Abstract
Purpose
To understand the association between genetic mutations and radiomics of 2-deoxy-2-[18F]fluoro-D-glucose ([18F]FDG) positron emission tomography (PET)/x-ray computed tomography (CT) in patients with colorectal cancer (CRC).
Procedures
This study included 74 CRC patients who had undergone preoperative [18F]FDG PET/CT. A total of 65 PET/CT-related features including intensity, volume-based, histogram, and textural features were calculated. High-resolution melting methods were used for genetic mutation analysis.
Results
Genetic mutants were found in 21 KRAS tumors (28 %), 31 TP53 tumors (42 %), and 17 APC tumors (23 %).
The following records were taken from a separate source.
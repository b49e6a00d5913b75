-- ===== src/Policy/Engine/Reservation/Pending.antt =====
-- internal/policy/engine.go: the pending usage that a reservation adds, and gives back.
use burnban.Prelude.{
  ℕ, ◌≡◌, String, Bool, true, false, List, [], ◌∷◌, ◌++◌, Bool-cases, inl, inr, refl, ap, ◌∙◌, any,
  if◌then◌else◌, ◌==◌, arith,
}
use burnban.Prelude.Int.{ℤ}
use burnban.Policy.Types.{Context}
use burnban.Policy.Engine.State.{RuleCounterKey, PendingUsage, Engine, key_eq, put, drop_id}
use burnban.Policy.Engine.Evaluate.{IndexedRule}
use burnban.Policy.Engine.Prepare.{Reservation, reserve, usage_of}
use burnban.Policy.Engine.Reservation.{release_pending}
use burnban.Policy.Engine.Reservation.Restore.{
  key_for, keys_where, counts_usage, same_key, reserve_keys,
}

abbrev Rows : Type 0
Rows = List (ℕ × PendingUsage)

drop_id-twice : (id : ℕ) (xs : Rows) → drop_id id (drop_id id xs) ≡ drop_id id xs
unfolding drop_id
drop_id-twice id [] = refl
drop_id-twice id ((n, v) ∷ xs) = elim (Bool-cases (n == id)) [
  | inr e ↦ rw (drop_id, e, drop_id, e) (ap (λ t. (n, v) ∷ t) (drop_id-twice id xs))
  | inl e ↦ rw (drop_id, e) (drop_id-twice id xs)
]

drop_id-own :
    (id : ℕ) (usage : PendingUsage) (xs : Rows) → drop_id id ((id, usage) ∷ xs) ≡ drop_id id xs
unfolding drop_id
drop_id-own id usage xs = rw (drop_id, same id) refl
  where
    same : (n : ℕ) → (n == n) ≡ true
    same n = ground arith

abbrev listed : RuleCounterKey → List RuleCounterKey → Bool
listed k keys = any (λ key. key_eq key k) keys

-- Once a key is listed, the rows of the number are gone from it; the rest of the map is as before.
release_pending_at :
    (id : ℕ) (k : RuleCounterKey) (keys : List RuleCounterKey) (e : Engine)
    → (release_pending id keys e).pending k
      ≡ (if listed k keys then drop_id id (e.pending k) else e.pending k)
unfolding release_pending put
release_pending_at id k [] e = refl
release_pending_at id k (key ∷ keys) e = elim (Bool-cases (key_eq key k)) [
  | inr x ↦ release_pending_at id k keys _ ∙ rw x refl
  | inl x ↦
      release_pending_at id k keys _
      ∙ rw (x, same_key key k x)
          (elim (Bool-cases (listed k keys)) [
            | inl y ↦ rw y (drop_id-twice id (e.pending k))
            | inr y ↦ rw y refl
          ])
]

module _ (id : ℕ) (usage : PendingUsage) (m : RuleCounterKey → Rows) (key k : RuleCounterKey) where
  added :
      (p : Bool)
      → drop_id id ((if p then put key ((id, usage) ∷ m key) m else m) k) ≡ drop_id id (m k)
  unfolding put
  added false = refl
  added true = elim (Bool-cases (key_eq key k)) [
    | inl x ↦ rw x (drop_id-own id usage (m key) ∙ ap (λ t. drop_id id (m t)) (same_key key k x))
    | inr x ↦ rw x refl
  ]

  unlisted :
      (p : Bool) (ys : List RuleCounterKey)
      → listed k (if p then key ∷ ys else ys) ≡ false
      → ((if p then put key ((id, usage) ∷ m key) m else m) k ≡ m k) × (listed k ys ≡ false)
  unfolding put
  unlisted false ys h = (refl, h)
  unlisted true ys h = elim (Bool-cases (key_eq key k)) [
    | inl x ↦ absurd (cc (rw x at h))
    | inr x ↦ (rw x refl, rw x at h)
  ]

module _ (namespace : String) (now : ℤ) (context : Context) (k : RuleCounterKey) where
  reserve_drop :
      (rules : List IndexedRule) (e : Engine) (r : Reservation)
      → drop_id r.pending_id ((reserve namespace now context rules e r).0.pending k)
        ≡ drop_id r.pending_id (e.pending k)
  unfolding reserve
  reserve_drop [] e r = refl
  reserve_drop (indexed ∷ rules) e r =
      reserve_drop rules _ _
      ∙ added r.pending_id (usage_of now context) e.pending (key_for namespace indexed) k
          (counts_usage indexed)

  reserve_unlisted :
      (rules : List IndexedRule) (e : Engine) (r : Reservation)
      → listed k (keys_where counts_usage namespace rules) ≡ false
      → (reserve namespace now context rules e r).0.pending k ≡ e.pending k
  unfolding reserve
  reserve_unlisted [] e r h = refl
  reserve_unlisted (indexed ∷ rules) e r h =
      let (here, later) =
        unlisted r.pending_id (usage_of now context) e.pending (key_for namespace indexed) k
          (counts_usage indexed) (keys_where counts_usage namespace rules) h in
      reserve_unlisted rules _ _ later ∙ here

  -- Giving the number back leaves the pending usage of every other number.
  pub pending_restored :
      (rules : List IndexedRule) (e : Engine) (r : Reservation)
      → r.counter_keys ≡ []
      → drop_id r.pending_id (e.pending k) ≡ e.pending k
      → let (e', r') = reserve namespace now context rules e r in
        (release_pending r'.pending_id r'.counter_keys e').pending k ≡ e.pending k
  pending_restored rules e r none fresh =
      let (e', r') = reserve namespace now context rules e r in
      let keys = keys_where counts_usage namespace rules in
      let (_, c, i) = reserve_keys namespace now context rules e r in
      ap (λ t. (release_pending t r'.counter_keys e').pending k) i
      ∙ (ap (λ t. (release_pending r.pending_id t e').pending k) (c ∙ ap (λ t. t ++ keys) none)
          ∙ (release_pending_at r.pending_id k keys e' ∙ elim (Bool-cases (listed k keys)) [
            | inl x ↦ rw x (reserve_drop rules e r ∙ fresh)
            | inr x ↦ rw x (reserve_unlisted rules e r x)
          ]))
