-- ===== src/Policy/Engine/Reservation/Accounting.antt =====
-- internal/policy/engine.go: the engine's counters over the whole life of a reservation.
use burnban.Prelude.{
  ℕ, ◌+◌, ◌≤◌, ◌≡◌, String, Bool, true, false, List, [], ◌∷◌, Option-cases, inl, inr, length, refl,
  sym, ap, ◌∙◌, subst,
}
use burnban.Prelude.Int.{ℤ, pos, max_int64}
use burnban.Policy.Types.{Context}
use burnban.Policy.Decision.{RuleDecision}
use burnban.Policy.Engine.State.{RuleCounterKey, Compiled, Engine, drop_id}
use burnban.Policy.Engine.Evaluate.{IndexedRule}
use burnban.Policy.Engine.Prepare.{
  prepared, Reservation, reserve, fresh, numbered, granted, decide, record_of,
}
use burnban.Policy.Engine.Reservation.{
  World, close, persist_locked, settle, commit_from, commit_prepared, commit, cancel_from,
  cancel_prepared, cancel, release_from, release, release_pending, release_concurrency, stamped,
}
use burnban.Policy.Engine.Reservation.Restore.{in_flight_restored}
use burnban.Policy.Engine.Reservation.Pending.{pending_restored}
use burnban.Store.PolicyDecisions.{Ledger, insert_policy_decision}

pending_apart :
    (id : ℕ) (keys : List RuleCounterKey) (e : Engine)
    → (release_pending id keys e).in_flight ≡ e.in_flight
unfolding release_pending
pending_apart id [] e = refl
pending_apart id (key ∷ keys) e = pending_apart id keys _

in_flight_apart :
    (keys : List RuleCounterKey) (e : Engine) → (release_concurrency keys e).pending ≡ e.pending
unfolding release_concurrency
in_flight_apart [] e = refl
in_flight_apart (key ∷ keys) e = in_flight_apart keys _

reserve-state :
    (namespace : String) (now : ℤ) (context : Context) (rules : List IndexedRule) (e : Engine)
    (r : Reservation)
    → (reserve namespace now context rules e r).1.state ≡ r.state
unfolding reserve
reserve-state namespace now context [] e r = refl
reserve-state namespace now context (indexed ∷ rules) e r =
    reserve-state namespace now context rules _ _

-- The engine once both counters are given back.
abbrev freed : World → Engine
freed w =
    release_concurrency w.reservation.concurrency_keys
      (release_pending w.reservation.pending_id w.reservation.counter_keys w.engine)

module _ (w : World) (h : w.reservation.state ≡ prepared) where
  released : (release w).engine ≡ freed w
  unfolding release release_from close
  released = ap (λ s. (release_from s w).engine) h

  cancelled : (answers : Bool) → (cancel answers w).0.engine ≡ freed w
  unfolding cancel cancel_from cancel_prepared persist_locked close
  cancelled answers =
      ap (λ s. (cancel_from s answers w).0.engine) h
      ∙ elim (Option-cases
          (insert_policy_decision answers w.ledger (stamped false w.reservation))) [
            | inl e ↦ rw (cancel_from, cancel_prepared, persist_locked, e) refl
            | inr (x, e) ↦ rw (cancel_from, cancel_prepared, persist_locked, e) refl
          ]

  committed_then_released : (answers : Bool) → (release (commit answers w).0).engine ≡ freed w
  unfolding commit commit_from commit_prepared persist_locked settle close release release_from
  committed_then_released answers =
      ap (λ s. (release (commit_from s answers w).0).engine) h
      ∙ elim (Option-cases (insert_policy_decision answers w.ledger (stamped true w.reservation))) [
        | inl e ↦ rw (commit_from, commit_prepared, persist_locked, e) refl
        | inr (x, e) ↦ rw (commit_from, commit_prepared, persist_locked, e) refl
      ]

-- What the engine has for a key, as it was in `e` with the count `n`.
abbrev pub IsRestored : RuleCounterKey → ℕ → Engine → Engine → Type 0
IsRestored k n e e' = (e'.in_flight k ≡ pos n) × (e'.pending k ≡ e.pending k)

-- However a granted reservation ends, by a release, by a cancel, or by a commit and a release, and
-- whether or not the database answers, the engine counts for each key as it did before: the requests
-- in flight are the same, and so is the pending usage. The count, raised by
-- one for each rule, is still an int64, and the reservation's number is not in use under the key.
pub granted-IsRestored :
    (now : ℤ) (context : Context) (compiled : Compiled) (rules : List IndexedRule)
    (ds : List RuleDecision) (e : Engine) (db : Ledger) (answers : Bool) (k : RuleCounterKey)
    (n : ℕ)
    → e.in_flight k ≡ pos n
    → n + length rules ≤ max_int64
    → drop_id (numbered e).next_pending (e.pending k) ≡ e.pending k
    → let (e', r) = granted now context compiled rules ds e in
      let w : World = record { reservation = r; engine = e'; ledger = db } in
      IsRestored k n e (release w).engine
      × IsRestored k n e (cancel answers w).0.engine
      × IsRestored k n e (release (commit answers w).0).engine
granted-IsRestored now context compiled rules ds e db answers k n h b f =
    let (e', r) = granted now context compiled rules ds e in
    let w : World = record { reservation = r; engine = e'; ledger = db } in
    let namespace = compiled.document.metadata.namespace in
    let start =
      fresh e (decide compiled context rules ds)
        (record_of now context rules (decide compiled context rules ds)) in
    let state = reserve-state namespace now context rules (numbered e) start in
    let back : IsRestored k n e (freed w) = (
      in_flight_restored namespace now context k rules (numbered e) _ start n refl h b
          (pending_apart _ _ _),
      ap (λ t. t k) (in_flight_apart _ _)
          ∙ pending_restored namespace now context k rules (numbered e) start refl f,
    ) in
    (
      subst (IsRestored k n e) (sym (released w state)) back,
      subst (IsRestored k n e) (sym (cancelled w state answers)) back,
      subst (IsRestored k n e) (sym (committed_then_released w state answers)) back,
    )
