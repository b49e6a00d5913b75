-- ===== src/Policy/Engine/Reservation/Lifecycle.antt =====
-- internal/policy/engine.go, the life of a reservation: the order in which Commit, Cancel and Release may be called.
use burnban.Prelude.{◌≡◌, Bool, true, none, some, Option-cases, refl, ap, ◌⊎◌, inl, inr}
use burnban.Policy.Engine.Evaluate.{closed}
use burnban.Policy.Engine.Prepare.{ReservationState, prepared, committed, finished}
use burnban.Policy.Engine.Reservation.{
  World, close, persist_locked, settle, commit_from, commit_prepared, commit, cancel_from, cancel,
  release_from, release, stamped,
}
use burnban.Store.PolicyDecisions.{insert_policy_decision}

State-cases : (s : ReservationState) → (s ≡ prepared) ⊎ ((s ≡ committed) ⊎ (s ≡ finished))
State-cases prepared = inl refl
State-cases committed = inr (inl refl)
State-cases finished = inr (inr refl)

-- A closed reservation stays as it is, whatever is called.
abbrev pub IsClosed : World → Type 0
IsClosed w =
    (w.reservation.state ≡ finished)
    × (release w ≡ w)
    × ((answers : Bool) → (cancel answers w ≡ (w, none)) × (commit answers w ≡ (w, some closed)))

IsClosed-when_finished : (w : World) → w.reservation.state ≡ finished → IsClosed w
unfolding release cancel commit
IsClosed-when_finished w h = (
  h,
  ap (λ s. release_from s w) h,
  λ answers. (ap (λ s. cancel_from s answers w) h, ap (λ s. commit_from s answers w) h),
)

release_from-state :
    (s : ReservationState) (w : World)
    → w.reservation.state ≡ s
    → (release_from s w).reservation.state ≡ finished
unfolding release_from close
release_from-state prepared w h = refl
release_from-state committed w h = refl
release_from-state finished w h = h

-- Once released, a reservation is closed: a second release and a cancel do nothing, and a commit is
-- refused, so that what was given back is never given back again nor counted.
pub release-IsClosed : (w : World) → IsClosed (release w)
unfolding release
release-IsClosed w =
    IsClosed-when_finished (release w) (release_from-state w.reservation.state w refl)

-- A successful commit leaves the reservation committed, and a failed one closed.
commit_from-state :
    (s : ReservationState) (answers : Bool) (w : World)
    → w.reservation.state ≡ s
    → (((commit_from s answers w).1 ≡ none)
        × ((commit_from s answers w).0.reservation.state ≡ committed))
      ⊎ ((commit_from s answers w).0.reservation.state ≡ finished)
unfolding commit_from commit_prepared settle close persist_locked
commit_from-state committed answers w h = inl (refl, h)
commit_from-state finished answers w h = inr h
commit_from-state prepared answers w h =
    elim (Option-cases (insert_policy_decision answers w.ledger (stamped true w.reservation))) [
      | inl e ↦ rw (commit_from, commit_prepared, persist_locked, e) (inr refl)
      | inr (x, e) ↦ rw (commit_from, commit_prepared, persist_locked, e) (inl (refl, refl))
    ]

-- After a commit that succeeds, a second commit and a cancel change nothing, so that a request is
-- written down once; after one that fails, the reservation is closed.
pub commit_once :
    (answers : Bool) (w : World)
    → let w' = (commit answers w).0 in
      (((commit answers w).1 ≡ none)
        × ((again : Bool) → (commit again w' ≡ (w', none)) × (cancel again w' ≡ (w', none))))
      ⊎ IsClosed w'
unfolding commit cancel
commit_once answers w = elim (commit_from-state w.reservation.state answers w refl) [
  | inl (ok, c) ↦
      let w' = (commit answers w).0 in
      inl (ok, λ again. (ap (λ s. commit_from s again w') c, ap (λ s. cancel_from s again w') c))
  | inr f ↦ inr (IsClosed-when_finished (commit answers w).0 f)
]
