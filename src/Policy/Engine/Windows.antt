-- ===== src/Policy/Engine/Windows.antt =====
-- internal/policy/engine.go, `windowStart`: where a window that holds the present begins.
use native.Mathlib.Nat.{mod-lt, div-add-mod}
use burnban.Prelude.{ℕ, ◌+◌, ◌-◌, ◌*◌, ◌/◌, ◌%◌, ◌≤◌, ◌<◌, ◌≡◌, sym, ap, subst, ◌∙◌, arith}
use burnban.Prelude.Int.{pos, ◌≤ℤ◌, ◌<ℤ◌, ◌+ℤ◌, ◌-ℤ◌}
use burnban.Policy.Types.{fixed}
use burnban.Policy.Engine.State.{window_start, remainder}

minus : (n r : ℕ) → r ≤ n → pos n -ℤ pos r ≡ pos (n - r)
unfolding ◌-ℤ◌
minus n r h = ground arith

holds : (n r d : ℕ) → r ≤ n → r < d → (pos (n - r) ≤ℤ pos n) × (pos n <ℤ pos (n - r) +ℤ pos d)
unfolding ◌+ℤ◌
holds n r d h k = ground arith

-- From 1970 on, a fixed window begins at the last multiple of its duration that is not after now, and
-- ends after now: consecutive windows share no instant and leave none out.
pub window_start-fixed :
    (now duration : ℕ)
    → 0 < duration
    → let start = window_start (pos now) (pos duration) fixed in
      (start ≡ pos (duration * (now / duration)))
      × (start ≤ℤ pos now)
      × (pos now <ℤ start +ℤ pos duration)
unfolding window_start remainder
window_start-fixed now duration h =
    let r = now % duration in
    let below : r < duration = mod-lt now h in
    let whole : duration * (now / duration) + r ≡ now = div-add-mod now duration in
    let small : r ≤ now = omega (arith, whole) in
    let q = minus now r small in
    let (before, after) = holds now r duration small below in
    (
      q ∙ ap pos (omega (arith, whole)),
      subst (λ s. s ≤ℤ pos now) (sym q) before,
      subst (λ s. pos now <ℤ s +ℤ pos duration) (sym q) after,
    )
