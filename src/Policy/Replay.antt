-- ===== src/Policy/Replay.antt =====
-- internal/policy/simulate.go, `simUint128`, the prefixes of a replay and the window between two of them.
pub mod Exact
use burnban.Prelude.{
  ℕ, ◌+◌, ◌-◌, ◌*◌, ◌%◌, ◌≤◌, ◌<◌, Bool, true, false, not, ◌||◌, ◌&&◌, List, [], ◌∷◌, ltb, leb,
  ◌==◌, if◌then◌else◌,
}
use burnban.Prelude.Int.{ℤ, pos, pos_part, leb_ℤ, ltb_ℤ, max_int64, int64_range}
use burnban.Policy.Types.{TokenKind}
use burnban.Policy.Decision.{token_limit_kind}

pub record SimUint128 : Type 0 where
  pub hi : ℕ
  pub lo : ℕ

-- Both words are uint64.
unfoldable pub add_int64 : SimUint128 → ℤ → SimUint128
add_int64 n value =
    let lo = (n.lo + pos_part value) % int64_range in
    if leb_ℤ value (pos 0)
    then n
    else record { hi = if ltb lo n.lo then (n.hi + 1) % int64_range else n.hi; lo = lo }

unfoldable pub sub : SimUint128 → SimUint128 → SimUint128
sub n other = record {
  hi =
      (n.hi + int64_range + int64_range - other.hi - (if ltb n.lo other.lo then 1 else 0))
      % int64_range;
  lo = (n.lo + int64_range - other.lo) % int64_range;
}

unfoldable pub greater_than_int64 : SimUint128 → ℤ → Bool
greater_than_int64 n value = ltb_ℤ value (pos 0) || not (n.hi == 0) || ltb (pos_part value) n.lo

unfoldable pub clamped_int64 : SimUint128 → ℤ
clamped_int64 n = if not (n.hi == 0) || ltb max_int64 n.lo then pos max_int64 else pos n.lo
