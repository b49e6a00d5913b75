-- ===== src/Policy/Replay/Exact.antt =====
-- internal/policy/simulate.go: the values of the 128-bit sums of a replay.
use burnban.Prelude.{
  ℕ, ◌+◌, ◌-◌, ◌*◌, ◌≤◌, ◌<◌, ◌≡◌, ◌↔◌, true, List, [], ◌∷◌, ◌++◌, All, length, refl, ap, ◌∙◌,
  arith,
}
use burnban.Prelude.Int.{ℤ, pos, pos_part, IsInt64, int64_range, max_int64}
use burnban.Policy.Counters.{clamp}
use burnban.Policy.Replay.{SimUint128, add_int64, sub, greater_than_int64, clamped_int64}

abbrev pub value : SimUint128 → ℕ
value n = n.hi * int64_range + n.lo

-- Both words hold a uint64.
abbrev pub IsWords : SimUint128 → Type 0
IsWords n = (n.hi < int64_range) × (n.lo < int64_range)

-- A sum that stays below the top word's last value is exact; what is not positive adds nothing.
add_int64-value :
    (n : SimUint128) (a : ℤ)
    → IsWords n
    → IsInt64 a
    → n.hi + 1 < int64_range
    → (value (add_int64 n a) ≡ value n + pos_part a)
      × IsWords (add_int64 n a)
      × (n.hi ≤ (add_int64 n a).hi)
      × ((add_int64 n a).hi ≤ n.hi + 1)
unfolding add_int64
add_int64-value n a w i b = ground arith

sub-value :
    (n m : SimUint128)
    → IsWords n
    → IsWords m
    → value m ≤ value n
    → (value (sub n m) ≡ value n - value m) × IsWords (sub n m)
unfolding sub
sub-value n m w v b = ground arith

-- Two readings of a 128-bit sum of two uint64 words agree with its value: that it exceeds an int64 that
-- is not negative, and the int64 that it is reported as, which sticks at the largest.
pub compare_value :
    (n : SimUint128) (a : ℕ)
    → IsWords n
    → a ≤ max_int64
    → ((greater_than_int64 n (pos a) ≡ true) ↔ (a < value n))
      × (clamped_int64 n ≡ pos (clamp (value n)))
unfolding greater_than_int64 clamped_int64
compare_value n a w b = ground arith

-- The running total that each replayed request adds to.
abbrev pub prefix : SimUint128 → List ℤ → SimUint128
prefix n [] = n
prefix n (a ∷ more) = prefix (add_int64 n a) more

-- What the requests add: nothing for a negative amount.
abbrev pub sum_of : List ℤ → ℕ
sum_of [] = 0
sum_of (a ∷ more) = pos_part a + sum_of more

prefix_facts :
    (more : List ℤ) (n : SimUint128)
    → IsWords n
    → All IsInt64 more
    → n.hi + length more < int64_range
    → (value (prefix n more) ≡ value n + sum_of more)
      × IsWords (prefix n more)
      × ((prefix n more).hi ≤ n.hi + length more)
prefix_facts [] n w i b = (omega arith, w, omega arith)
prefix_facts (a ∷ more) n w i b =
    let (v, w', _, top) = add_int64-value n a w i.0 (omega (arith, b)) in
    let (v', w'', top') = prefix_facts more (add_int64 n a) w' i.1 (omega (arith, b, top)) in
    (omega (arith, v, v'), w'', omega (arith, top, top'))

prefix-append : (n : SimUint128) (xs ys : List ℤ) → prefix n (xs ++ ys) ≡ prefix (prefix n xs) ys
prefix-append n [] ys = refl
prefix-append n (x ∷ xs) ys = prefix-append (add_int64 n x) xs ys

-- For fewer than 2^64 int64 amounts, the usage in a window, the difference of two running totals, is
-- exactly what the requests of the window add, whatever came before: no amount is lost to an overflow.
pub window_exact :
    (before inside : List ℤ)
    → All IsInt64 before
    → All IsInt64 inside
    → length before + length inside < int64_range
    → let zero : SimUint128 = record { hi = 0; lo = 0 } in
      value (sub (prefix zero (before ++ inside)) (prefix zero before)) ≡ sum_of inside
window_exact before inside hb hi b =
    let zero : SimUint128 = record { hi = 0; lo = 0 } in
    let p = prefix zero before in
    let (v, w, top) = prefix_facts before zero (omega arith, omega arith) hb (omega (arith, b)) in
    let (v', w', _) = prefix_facts inside p w hi (omega (arith, b, top)) in
    ap (λ t. value (sub t p)) (prefix-append zero before inside)
    ∙ ((sub-value (prefix p inside) p w' w (omega (arith, v'))).0 ∙ omega (arith, v'))
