-- ===== src/Policy/Scope/Applies.antt =====
-- Tests of all the dimensions of a request.
use burnban.Prelude.{Bool, true, ◌≡◌, List, [], ◌∷◌, all, arith, refl, ap, fun_ext}
use burnban.Policy.Types.{Dimension}
use burnban.Policy.Scope.{dimensions}

pub every : (p : Dimension → Bool) (d : Dimension) → all p dimensions ≡ true → p d ≡ true
every p Dimension.organization h = ground arith
every p _ h = ground arith

pub all_intro {ℓ} :
    {A : Type ℓ} (p : A → Bool) (xs : List A) → ((x : A) → p x ≡ true) → all p xs ≡ true
all_intro p [] h = refl
all_intro p (x ∷ xs) h = ground (arith, h x, all_intro p xs h)

pub all_ext {ℓ} :
    {A : Type ℓ} {p q : A → Bool} (xs : List A) → ((x : A) → p x ≡ q x) → all p xs ≡ all q xs
all_ext xs h = ap (λ p. all p xs) (fun_ext h)
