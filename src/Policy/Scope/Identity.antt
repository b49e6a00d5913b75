-- ===== src/Policy/Scope/Identity.antt =====
-- internal/policy/engine.go: the rules that apply to a request, and its untrusted identity labels.
use burnban.Prelude.{
  String, Bool, true, false, not, ◌||◌, ◌≡◌, ◌⊎◌, List, is_empty, all, arith, if◌then◌else◌, ap,
  inl, inr, refl, sym, ◌∙◌,
}
use burnban.Policy.Types.{
  Mode, enforce, Rule, Scope, Context, Dimension, Confidence, absent, self_reported, unverified,
}
use burnban.Policy.Scope.{
  dimensions, scope_selectors, context_values, identity_dimension_confidence, selected, trusted,
  rule_applies, rule_mode, identity_scope_authenticated, rule_applies_ignoring_untrusted_identity,
  applies, has_identity_scope, is_not_identity, is_authenticated,
}
use burnban.Policy.Scope.Applies.{every, all_intro, all_ext}

-- A confidence in what a label says: the client says so, nobody vouches for it, or there is none.
abbrev pub IsUnvouched : Confidence → Type 0
IsUnvouched c = (c ≡ self_reported) ⊎ (c ≡ unverified) ⊎ (c ≡ absent)

-- What the server vouches for is the same in both requests. The confidence of a dimension is the same,
-- or in neither request is it vouched for; and so is the value of each dimension that is no identity or
-- an authenticated one.
pub record SameTrusted (a b : Context) : Type 0 where
  pub confidence :
      (d : Dimension)
      → (identity_dimension_confidence a d ≡ identity_dimension_confidence b d)
        ⊎ (IsUnvouched (identity_dimension_confidence a d)
            × IsUnvouched (identity_dimension_confidence b d))
  pub value : (d : Dimension) → (trusted a d ≡ false) ⊎ (context_values a d ≡ context_values b d)

unvouched : (c : Confidence) → IsUnvouched c → (is_not_identity c || is_authenticated c) ≡ false
unvouched c (inl e) = rw e refl
unvouched c (inr (inl e)) = rw e refl
unvouched c (inr (inr e)) = rw e refl

trusted_same : {a b : Context} → SameTrusted a b → (d : Dimension) → trusted a d ≡ trusted b d
unfolding trusted
trusted_same s d = elim (s.confidence d) [
  | inl e ↦ ap (λ c. is_not_identity c || is_authenticated c) e
  | inr (x, y) ↦ unvouched _ x ∙ sym (unvouched _ y)
]

authenticated_same :
    (scope : Scope) (a b : Context)
    → SameTrusted a b
    → identity_scope_authenticated scope a ≡ identity_scope_authenticated scope b
unfolding identity_scope_authenticated
authenticated_same scope a b s =
    ap (λ t. if not (has_identity_scope scope) then true else t)
      (all_ext dimensions
        (λ d. ap (λ t. is_empty (scope_selectors scope d) || t) (trusted_same s d)))

test_same :
    (a b : Context) (ps : List String)
    → SameTrusted a b
    → (d : Dimension)
    → (not (trusted a d) || selected ps (context_values a d))
      ≡ (not (trusted b d) || selected ps (context_values b d))
test_same a b ps s d = ground (arith, trusted_same s d, s.value d)

-- An enforcing rule whose identity scope is not authenticated applies to a request, or not, whatever
-- labels that nobody vouches for the request carries or omits.
pub applies_ignores_untrusted :
    (doc : Mode) (rule : Rule) (a b : Context)
    → rule_mode doc rule ≡ enforce
    → identity_scope_authenticated rule.scope a ≡ false
    → SameTrusted a b
    → applies doc rule a ≡ applies doc rule b
unfolding applies rule_applies_ignoring_untrusted_identity
applies_ignores_untrusted doc rule a b m f s =
    let same = all_ext dimensions (λ d. test_same a b (scope_selectors rule.scope d) s d) in
    ground (arith, authenticated_same rule.scope a b s, same)

-- A rule whose scope selects the request applies to it, trusted or not.
pub applies_of_rule_applies :
    (doc : Mode) (rule : Rule) (context : Context)
    → rule_applies rule context ≡ true
    → applies doc rule context ≡ true
unfolding applies rule_applies rule_applies_ignoring_untrusted_identity
applies_of_rule_applies doc rule context h =
    let p : Dimension → Bool =
      λ d. selected (scope_selectors rule.scope d) (context_values context d) in
    let relaxed : all (λ d. not (trusted context d) || p d) dimensions ≡ true =
      all_intro (λ d. not (trusted context d) || p d) dimensions
        (λ d. ground (arith, every p d h)) in
    ground (arith, relaxed)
Tumors with a mutated KRAS had an increased value at the 25th percentile of maximal standardized uptake value (SUVmax) within their metabolic tumor volume (MTV) (P < .0001; odds ratio [OR] 1.99; 95 % confidence interval [CI] 1.37–2.90) and their contrast from the gray-level cooccurrence matrix (P = .005; OR 1.52; 95 % CI 1.14–2.04). A mutated TP53 was associated with an increased value of short-run low gray-level emphasis derived from the gray-level run length matrix (P = .001; OR 243006.0; 95 % CI 59.2–996,872,313). APC mutants exhibited lower low gray-level zone emphasis derived from the gray-level zone length matrix (P = .006; OR < .0001; 95 % CI 0.000–0.22).
Conclusion
PET/CT-derived radiomics can provide supplemental information to determine KRAS, TP53, and APC genetic alterations in CRC.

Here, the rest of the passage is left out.